Mention spéciale aussi à Monica Barbaro qui incarne une superbe Joan Baez charismatique et indépendante, et à Edward Norton qui a rarement été aussi touchant. De son côté, Elle Fanning est sans doute celle à qui le film donne le moins à manger (Mangold ne pouvant s’empêcher, çà et là, de tomber dans le cliché de la femme-tapisserie), ce qui ne l’empêche pas de s’acquitter brillamment de sa tâche dans son dernier dialogue, le meilleur du film.
Bref, c’est joli, c’est bien fichu, c’est bien interprété… En surface, il coche toutes les cases du biopic réussi. Mais c’est peut-être là qu’est le problème : un biopic réussi, tant qu’il demeure un biopic dans sa forme la plus classique, peut difficilement être un grand film, et Un parfait Inconnu ne déroge pas à la règle.
Un pas si parfait inconnu
Tout comme le livre qu’il adapte, Un parfait inconnu est censé raconter la transition de Dylan de la musique folk vers l’électrique. Mais en se concentrant davantage sur un enchaînements d’anecdotes plutôt que sur la question de la création artistique elle-même, le film tombe dans l’écueil de la page Wikipédia sophistiquée, et ne parvient pas à véritablement plonger dans l’esprit de son personnage.
Le sujet de l’évolution musicale se perd donc pour ne ressurgir qu’autour de quelques dialogues vers la fin du film, alors que tout le processus qui a amené Dylan à passer de la folk contestataire au rock anticonformiste aurait pu être particulièrement passionnant et profond.
Mais encore aurait-il fallu sortir du carcan du biopic hollywoodien pour s’autoriser une forme plus anticonformiste, elle aussi, et ainsi faire justice au personnage dylannien… Un peu comme l’avait fait I’m Not There en résumant toute cette transition musicale en une image lors de laquelle Bob Dylan-Cate Blanchett et son groupe dégainaient sur scène des mitraillettes pour fusiller métaphoriquement un public trahi dans ses attentes.
Le titre du film trahit d’ailleurs à lui tout seul cette incapacité à bien cerner son sujet, A Complete Unknown faisant référence aux paroles du tube Like a Rolling Stone, parlant donc à un public large (et c’est pourquoi l’avoir traduit pour le public français n’a aucun sens), mais faisant un contresens sur le chanteur qui n’a rien à voir avec le propos déprimant de la chanson.
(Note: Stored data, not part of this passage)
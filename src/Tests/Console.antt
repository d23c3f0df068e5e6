-- ===== src/Tests/Console.antt =====
-- The theorems on the command line and its connection at concrete inputs.
use tcp_dpdk.Base.{
  some, ℕ, ◌+◌, ◌≡◌, ◌⊎◌, refl, true, false, List, [], ◌∷◌, ◌++◌, Outcome, ok, Returns, NoStale,
  ◌>>=◌, codes, leb, length, replicate, All, arith, if◌then◌else◌,
}
use tcp_dpdk.Rx.{quad_of}
use tcp_dpdk.Active.{active_close}
use tcp_dpdk.Parser.{tokens, too_big, parse_tokenize_string}
use tcp_dpdk.Parser.Words.{words, parse_tokenize_string_iff}
use tcp_dpdk.Cli.{Control, at_flow, cli_process}
use tcp_dpdk.Cli.Flow.{Lacks, Hit, at_flow_cases}
use tcp_dpdk.Cli.Safety.{AreWellFormed, cli_process-NoStale}
use tcp_dpdk.Cli.Quiet.{IsQuiet, Spares, cli_process-Spares}
use tcp_dpdk.Conn.{Conn, handle_bytes}
use tcp_dpdk.Conn.Setup.{System, nothing, Outcomes, conn_init, conn_init-Outcomes}
use tcp_dpdk.Conn.Lines.{Passed, handle_bytes-line}
use tcp_dpdk.Tests.Platform.{Table, platform, platform-IsDpdk}
use tcp_dpdk.Tests.Traffic.{idle_core, syn}
use tcp_dpdk.Tests.Witnesses.{idle-IsWellFormed}

parse_tokenize_string_example : parse_tokenize_string (codes "  connect 10.0.0.1  80") 2 ≡ (
    if leb (length (words (codes "  connect 10.0.0.1  80"))) 2
    then tokens (words (codes "  connect 10.0.0.1  80"))
    else too_big)
parse_tokenize_string_example =
    parse_tokenize_string_iff (codes "  connect 10.0.0.1  80") 2 (omega arith)

at_flow_cases_example :
    (All (Lacks platform (quad_of syn)) (idle_core ∷ [])
      × (at_flow platform (quad_of syn) (active_close platform) (idle_core ∷ [])
          ≡ ok (idle_core ∷ [])))
    ⊎ ((h : Hit platform (quad_of syn) (idle_core ∷ [])) × (at_flow platform
            (quad_of syn)
            (active_close platform)
            (idle_core ∷ [])
          ≡ (active_close platform h.at h.address >>= λ core. ok (h.before ++ core ∷ h.behind))))
at_flow_cases_example =
    at_flow_cases platform (quad_of syn) (active_close platform) (idle_core ∷ [])

abbrev console : Control Table
console = record { tcp_list = idle_core ∷ []; launched = 1 ∷ []; cp_quit = false; out = [] }

cli_process-NoStale_example :
    NoStale
      (cli_process platform 1024 console (codes "connect 192.168.11.111 2000") 0)
      (AreWellFormed platform platform-IsDpdk 1024)
cli_process-NoStale_example =
    cli_process-NoStale platform platform-IsDpdk 1024 console (codes "connect 192.168.11.111 2000")
      0 (idle-IsWellFormed, tt)

adjust-IsQuiet : IsQuiet (codes "adjust")
adjust-IsQuiet = record {
  start = refl;
  exit = refl;
  dump = refl;
  flow = refl;
  close = refl;
  send = refl;
  connect = refl;
}

cli_process-Spares_example :
    Returns
      (cli_process platform 1024 console (codes " adjust  now") 0)
      (Spares platform 1024 console)
cli_process-Spares_example =
    cli_process-Spares platform 1024 console (codes " adjust  now") (codes "adjust")
      (codes "now" ∷ []) 0 refl adjust-IsQuiet

-- A handler that answers with what it got, and counts.
abbrev echo : ℕ → List ℕ → Outcome (ℕ × List ℕ)
echo n line = ok (n + 1, line)

abbrev pub idle_conn : Conn ℕ
idle_conn = record {
  welcome = codes "Welcome";
  prompt = codes "TCP> ";
  msg_in = replicate 9 0;
  buf_size = 64;
  msg_in_len_max = 8;
  msg_out_len_max = 64;
  msg_in_len = 0;
  fd_server = 3;
  fd_client_group = 4;
  state = 0;
  written = [];
  writes = 0;
  closed = [];
}

handle_bytes-line_example :
    (b : List ℕ) × (length b ≡ length idle_conn.msg_in)
    × (handle_bytes (λ n. true) echo idle_conn 5 (codes "stop" ++ b'\n' ∷ codes "du")
        ≡ Passed (λ n. true) echo idle_conn 5 (codes "stop") (codes "du") b)
handle_bytes-line_example =
    handle_bytes-line (λ n. true) echo idle_conn 5 (codes "stop") (codes "du")
      (record { size = refl; used = omega arith }) refl (omega arith) (omega arith)

-- The port is taken.
abbrev busy_port : System
busy_port = record {
  inet_aton = true;
  calloc = λ b. true;
  socket = some 5;
  bind = false;
  listen = true;
  epoll_create = some 6;
}

conn_init-Outcomes_example : Outcomes {A = ℕ} busy_port 0 (conn_init busy_port 0 nothing)
conn_init-Outcomes_example = conn_init-Outcomes busy_port 0
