-- ===== src/Tests/Links.antt =====
-- Two hosts on the platform, and a session of theirs.
use tcp_dpdk.Base.{
  subst, Bool-cases, inl, inr, decimal, ℕ, ◌≡◌, refl, List, [], ◌∷◌, none, some, length, Option,
  Outcome, ok, fault, Returns, codes, arith,
}
use tcp_dpdk.Connection.{Connection, Quad, quad_eq, established}
use tcp_dpdk.Tcp.{Core}
use tcp_dpdk.Flags.{has_flag, clear_flag, set_flag}
use tcp_dpdk.Seq.{is_between_wrapped}
use tcp_dpdk.Segment.{segment_check}
use tcp_dpdk.Tx.{tcp_tx_packets, after_send, fill_headers, send_p}
use tcp_dpdk.Handlers.{
  store, open_and_send, handle_tcp_listen, listen_at, init_listen, handle_tcp_syn_sent, acks_sent,
  count_connection, handle_tcp_establish, handle_tcp_fin_wait1, handle_tcp_last_ack,
  handle_tcp_syn_recv, reply, take_syn_ack, print_data,
}
use tcp_dpdk.Rx.{rx_packet, receive_segment, receive_at, dispatch_at, dispatch, finish_last_ack}
use tcp_dpdk.Active.{
  active_connect, connect_unless, connect_at, init_connect, active_close, active_send_data,
  close_session, send_session,
}
use tcp_dpdk.Link.{
  Arrival, Exchange, IsKeyed, AreKeyed, AreHosts, Line, by_a, by_b, flip, IsAmple, open_link,
  session, converse, say, close_link,
}
use tcp_dpdk.Link.Ends.{HasRoom, InSync}
use tcp_dpdk.Link.Handshake.{open_link-InSync}
use tcp_dpdk.Link.Conversation.{converse-InSync}
use tcp_dpdk.Link.Session.{IsOver, session-IsOver}
use tcp_dpdk.Invariant.{IsWellFormed, IsSound, quad_eq_iff}
use tcp_dpdk.Listing.{dump_hashtable, dump_entries, dump_at, dump_connection}
use tcp_dpdk.Listing.Safety.{Lists, dump_hashtable-Lists}
use tcp_dpdk.Tests.Platform.{find, Table, platform, platform-IsDpdk, blank, swap_16}
use tcp_dpdk.Tests.Traffic.{our_ip, peer_ip, idle_core}

-- How many frames each host has sent.
abbrev frames : Outcome (Core Table × Core Table) → Option (ℕ × ℕ)
frames (fault e) = none
frames (ok r) = some (length r.0.tcp.sent, length r.1.tcp.sent)

-- The peer of `idle_core`, which also runs the program.
abbrev peer_core : Core Table
peer_core = record idle_core {
  tcp = record idle_core.tcp {
    nic = record { ip = peer_ip; mac = 0x90eb_1b9f_36a0; dst_mac = 0xd612_065f_6180 };
  };
}

abbrev our_quad : Quad
our_quad = record {
  sip = peer_ip;
  sport = swap_16 80;
  dip = our_ip;
  dport = swap_16 2000;
  padding = 0;
}

abbrev arrival : Arrival
arrival = record { mbuf = 1; now = 1000; padding = 0 }

abbrev exchange : Exchange
exchange = record { call = 0; first = arrival; second = arrival; third = arrival }

is_keyed : IsKeyed our_quad 0 exchange
is_keyed = record { call = refl; first = refl; second = refl; third = refl }

abbrev talk : List Line
talk = by_a 0 arrival arrival (codes "hello") ∷ by_b 0 arrival arrival (codes "good day") ∷ []

keyed_talk : AreKeyed our_quad 0 talk
keyed_talk = (refl, refl, refl, (refl, refl, refl, tt))

platform-IsAmple : IsAmple platform
platform-IsAmple = record { ether_type = refl; free = λ n. refl }

are_hosts : AreHosts our_quad idle_core.tcp.nic peer_core.tcp.nic
are_hosts = record { wired = (refl, refl); here = refl; there = refl }

room_here : HasRoom platform our_quad idle_core
room_here = record {
  place = 7;
  table = (our_quad, 7) ∷ [];
  garbage = blank;
  no_entry = refl;
  from = refl;
  added = refl;
}

room_there : HasRoom platform (flip our_quad 0) peer_core
room_there = record {
  place = 7;
  table = (flip our_quad 0, 7) ∷ [];
  garbage = blank;
  no_entry = refl;
  from = refl;
  added = refl;
}

-- The hosts with a connection at address 7.
abbrev end_of : Quad → ℕ → Connection
end_of q una = record blank {
  q = q;
  tcp_state = established;
  send = record blank.send { una = una; nxt = 1 };
  recv = record blank.recv { nxt = 1; wnd = 64240 };
  ipv4_hdr = record blank.ipv4_hdr { src_addr = q.dip; dst_addr = q.sip };
  tcp_hdr = record blank.tcp_hdr { src_port = q.dport; dst_port = q.sport; rx_win = swap_16 64240 };
}

abbrev with_end : Core Table → Quad → ℕ → Core Table
with_end s q una = record s {
  tcp = record s.tcp { rte_hash = (q, 7) ∷ [] };
  heap = store s.heap 7 (some (end_of q una));
}

abbrev here : Core Table
here = with_end idle_core our_quad 2

abbrev there : Core Table
there = with_end peer_core (flip our_quad 0) 0

in_sync : InSync platform our_quad 0 2 0 1 1 [] [] (here, there)
in_sync = record {
  end_a = record {
    place = 7;
    connection = end_of our_quad 2;
    entry = refl;
    at_p = refl;
    is_in = refl;
    addressed = (refl, refl, refl, refl, refl, refl);
    numbers = (refl, refl, refl, refl);
  };
  end_b = record {
    place = 7;
    connection = end_of (flip our_quad 0) 0;
    entry = refl;
    at_p = refl;
    is_in = refl;
    addressed = (refl, refl, refl, refl, refl, refl);
    numbers = (refl, refl, refl, refl);
  };
  hosts = are_hosts;
  shown_a = refl;
  shown_b = refl;
}

open_link-InSync_example :
    Returns
      (open_link platform our_quad exchange idle_core peer_core)
      (InSync platform our_quad 0 2 0 1 1 [] [])
open_link-InSync_example =
    open_link-InSync platform platform-IsDpdk platform-IsAmple our_quad 0 exchange idle_core
      peer_core is_keyed are_hosts room_here room_there

session-IsOver_example :
    Returns
      (session platform our_quad exchange talk exchange idle_core peer_core)
      (IsOver platform our_quad 0 (codes "good day\n") (codes "hello\n"))
session-IsOver_example =
    session-IsOver platform platform-IsDpdk platform-IsAmple our_quad 0 exchange talk exchange
      idle_core peer_core is_keyed keyed_talk is_keyed are_hosts room_here room_there
      (omega arith, omega arith, (omega arith, omega arith, tt)) (omega arith) (omega arith)

converse-InSync_example :
    Returns
      (converse platform our_quad talk here there)
      (InSync platform our_quad 0 2 0 6 9 (codes "good day\n") (codes "hello\n"))
converse-InSync_example =
    converse-InSync platform platform-IsDpdk platform-IsAmple our_quad 0 talk here there 2 0 1 1 []
      [] keyed_talk in_sync (omega arith, omega arith, (omega arith, omega arith, tt)) (omega arith)
      (omega arith)

frames-session :
    frames (session platform our_quad exchange talk exchange idle_core peer_core) ≡ some (6, 4)
unfolding session converse open_link say close_link active_connect connect_unless connect_at
    open_and_send tcp_tx_packets rx_packet init_connect receive_segment receive_at handle_tcp_listen
    listen_at init_listen dispatch_at dispatch has_flag clear_flag handle_tcp_syn_sent active_close
    active_send_data close_session send_session set_flag acks_sent count_connection
    handle_tcp_establish handle_tcp_fin_wait1 handle_tcp_last_ack handle_tcp_syn_recv reply
    take_syn_ack finish_last_ack segment_check is_between_wrapped after_send fill_headers send_p
    print_data
frames-session = refl

end-IsSound : IsSound (end_of our_quad 2)
end-IsSound = record {
  live = tt;
  una_range = omega arith;
  nxt_range = omega arith;
  expected_range = omega arith;
  window_range = omega arith;
  payload_room = refl;
}

here-IsWellFormed : IsWellFormed platform here
here-IsWellFormed q p found = elim (Bool-cases (quad_eq our_quad q)) [
  | inl same ↦
      let at_p : some 7 ≡ some p = rw (same, find) at found in
      let is_seven : 7 ≡ p = ground (arith, at_p) in
      (
        end_of our_quad 2,
        subst (λ r. here.heap r ≡ some (end_of our_quad 2)) is_seven refl,
        (quad_eq_iff our_quad q).0 same,
        end-IsSound,
      )
  | inr other ↦ absurd (ground (arith, found, other))
]

dump_hashtable-Lists_example :
    Returns (dump_hashtable platform here) (Lists platform here.heap ((our_quad, 7) ∷ []))
dump_hashtable-Lists_example = dump_hashtable-Lists platform platform-IsDpdk here here-IsWellFormed

dump_text :
    dump_hashtable platform here
    ≡ ok (
        codes
          "connection src_ip src_port dst_ip dst_port\n192.168.11.111 80 192.168.0.1 2000\nState: TCP_ESTABLISHED\n")
unfolding dump_hashtable dump_entries dump_at dump_connection decimal
dump_text = refl
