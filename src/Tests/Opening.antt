-- ===== src/Tests/Opening.antt =====
-- A connection is opened and closed by a peer.
use tcp_dpdk.Base.{◌≡◌, true, ◌==◌, none, some, if◌then◌else◌, refl, [], ◌∷◌, arith, Returns}
use tcp_dpdk.Connection.{Connection, established}
use tcp_dpdk.Tcp.{Core}
use tcp_dpdk.Invariant.Closing.{IsClosed, rx_burst-IsClosed}
use tcp_dpdk.Flags.{fin_flag, has_flag}
use tcp_dpdk.Rx.{quad_of, rx_burst}
use tcp_dpdk.Invariant.Passive.{IsConnected, rx_burst-IsConnected}
use tcp_dpdk.Tests.Platform.{Table, platform, blank, platform-IsDpdk}
use tcp_dpdk.Tests.Traffic.{idle_core, syn, ack, fin, last}

rx_burst-IsConnected_example :
    Returns
      (rx_burst platform idle_core (syn ∷ ack ∷ []))
      (λ t. IsConnected platform platform-IsDpdk idle_core t syn 7)
rx_burst-IsConnected_example =
    rx_burst-IsConnected platform platform-IsDpdk idle_core syn ack 7 blank ((quad_of syn, 7) ∷ [])
      (record { mac = refl; ipv4 = refl; ip = refl; tcp_proto = refl })
      (record { mac = refl; ipv4 = refl; ip = refl; tcp_proto = refl }) refl refl refl refl refl
      refl (omega arith, omega arith) refl refl refl

-- Two bytes have come in behind the SYN.
abbrev talking : Connection
talking = record blank {
  q = quad_of fin;
  tcp_state = established;
  send = record blank.send { una = 0; nxt = 1 };
  recv = record blank.recv { nxt = 2; wnd = 64240 };
}

abbrev busy_core : Core Table
busy_core = record idle_core {
  tcp = record idle_core.tcp { rte_hash = (quad_of fin, 7) ∷ [] };
  heap = λ p. if p == 7 then some talking else none;
}

flagged : has_flag 0x11 fin_flag ≡ true
unfolding has_flag
flagged = refl

rx_burst-IsClosed_example :
    Returns
      (rx_burst platform busy_core (fin ∷ last ∷ []))
      (λ t. IsClosed platform platform-IsDpdk busy_core t fin 7 talking)
rx_burst-IsClosed_example =
    rx_burst-IsClosed platform platform-IsDpdk busy_core fin last 7 talking
      (record { mac = refl; ipv4 = refl; ip = refl; tcp_proto = refl })
      (record { mac = refl; ipv4 = refl; ip = refl; tcp_proto = refl }) refl refl refl refl
      (omega arith) (omega arith) refl flagged refl refl
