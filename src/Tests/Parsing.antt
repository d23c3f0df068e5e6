-- ===== src/Tests/Parsing.antt =====
-- The readers of src/cli/parser.c at concrete inputs.
use tcp_dpdk.Base.{◌↔◌, ◌≡◌, refl, [], ◌∷◌, some, fault, overrun, codes, arith, decimal, Returns}
use tcp_dpdk.Parser.Numbers.{value, parser_read_arg_bool}
use tcp_dpdk.Parser.Numbers.Switches.{Says}
use tcp_dpdk.Parser.Numbers.Switches.Exact.{parser_read_arg_bool_iff}
use tcp_dpdk.Parser.Numbers.{value, parser_read_uint64}
use tcp_dpdk.Parser.Numbers.Suffixes.{small_kilo, parser_read_uint64-decimal}
use tcp_dpdk.Parser.Hex.{parsed, parse_hex_string, parse_hex_string-hex}
use tcp_dpdk.Parser.Address.{inet_pton4}
use tcp_dpdk.Parser.Address.Exact.{inet_pton4-dotted_quad}
use tcp_dpdk.Parser.Ethernet.{parse_mac_addr, parse_mac_addr-mac_text}
use tcp_dpdk.Parser.Address6.{inet_pton6}
use tcp_dpdk.Parser.Address6.Bounds.{IsWhole, inet_pton6-IsWhole}
use tcp_dpdk.Parser.CpuCore.{parse_cpu_core, nothing_parsed}
use tcp_dpdk.Parser.CpuCore.Digits.{parse_cpu_core-digits}
use tcp_dpdk.Parser.CpuCore.Fuel.{Runs, parse_cpu_core-Runs}

parser_read_uint64-decimal_example : parser_read_uint64 (codes "  12k ") ≡ value 12_288
unfolding decimal
parser_read_uint64-decimal_example =
    parser_read_uint64-decimal (codes "  ") (codes " ") 12 small_kilo (omega arith)
      (refl, (refl, tt)) (refl, tt)

parse_hex_string-hex_example : parse_hex_string (codes "0a1b") 16 ≡ parsed (10 ∷ 27 ∷ [])
parse_hex_string-hex_example =
    parse_hex_string-hex (10 ∷ 27 ∷ []) 16 (omega arith, (omega arith, tt)) (omega arith)
      (omega arith) (omega arith)

parse_mac_addr-mac_text_example :
    parse_mac_addr (codes "00:1b:21:ff:0a:7e") ≡ some (0 ∷ 27 ∷ 33 ∷ 255 ∷ 10 ∷ 126 ∷ [])
parse_mac_addr-mac_text_example =
    parse_mac_addr-mac_text 0 (27 ∷ 33 ∷ 255 ∷ 10 ∷ 126 ∷ [])
      (omega arith, (omega arith, (omega arith, (omega arith, (omega arith, (omega arith, tt))))))

inet_pton6-IsWhole_example : Returns (inet_pton6 (codes "fe80::1")) IsWhole
inet_pton6-IsWhole_example = inet_pton6-IsWhole (codes "fe80::1")

parse_cpu_core-digits_example : parse_cpu_core (codes "00000001") ≡ fault overrun
parse_cpu_core-digits_example =
    parse_cpu_core-digits b'0' (codes "0000001")
      (refl, (refl, (refl, (refl, (refl, (refl, (refl, (refl, tt))))))))

parse_cpu_core-Runs_example :
    Runs nothing_parsed (codes "s1c12h") (parse_cpu_core (codes " s1c12h"))
parse_cpu_core-Runs_example = parse_cpu_core-Runs (codes " s1c12h")

inet_pton4-dotted_quad_example : inet_pton4 (codes "10.00.0.255") ≡ some (10 ∷ 0 ∷ 0 ∷ 255 ∷ [])
inet_pton4-dotted_quad_example = inet_pton4-dotted_quad (codes "10.00.0.255")

parser_read_arg_bool_iff_example :
    (parser_read_arg_bool (codes " YESoff ") ≡ value 0) ↔ Says (codes " YESoff ") 0
parser_read_arg_bool_iff_example = parser_read_arg_bool_iff (codes " YESoff ") 0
Quel dommage que le titre du livre d’Elijah Wald, Dylan goes electric, n’ait pas été conservé (parce que oui, un titre, ça compte, surtout quand il définit à ce point-là l’angle du récit).
Et à travers cette histoire donc faussée dans son approche, résumée à une liste de faits bien agencés, Un parfait inconnu fait la faute commise par tous les biopics de son style : miser sur la popularité d’un homme réel déjà connu du public plutôt que de s’appliquer à construire un personnage à part entière qui se suffirait à lui-même au sein d’un récit organique et authentique. C’était attendu, mais devant la qualité de la mise en scène et du casting, c’est d’autant plus dommage.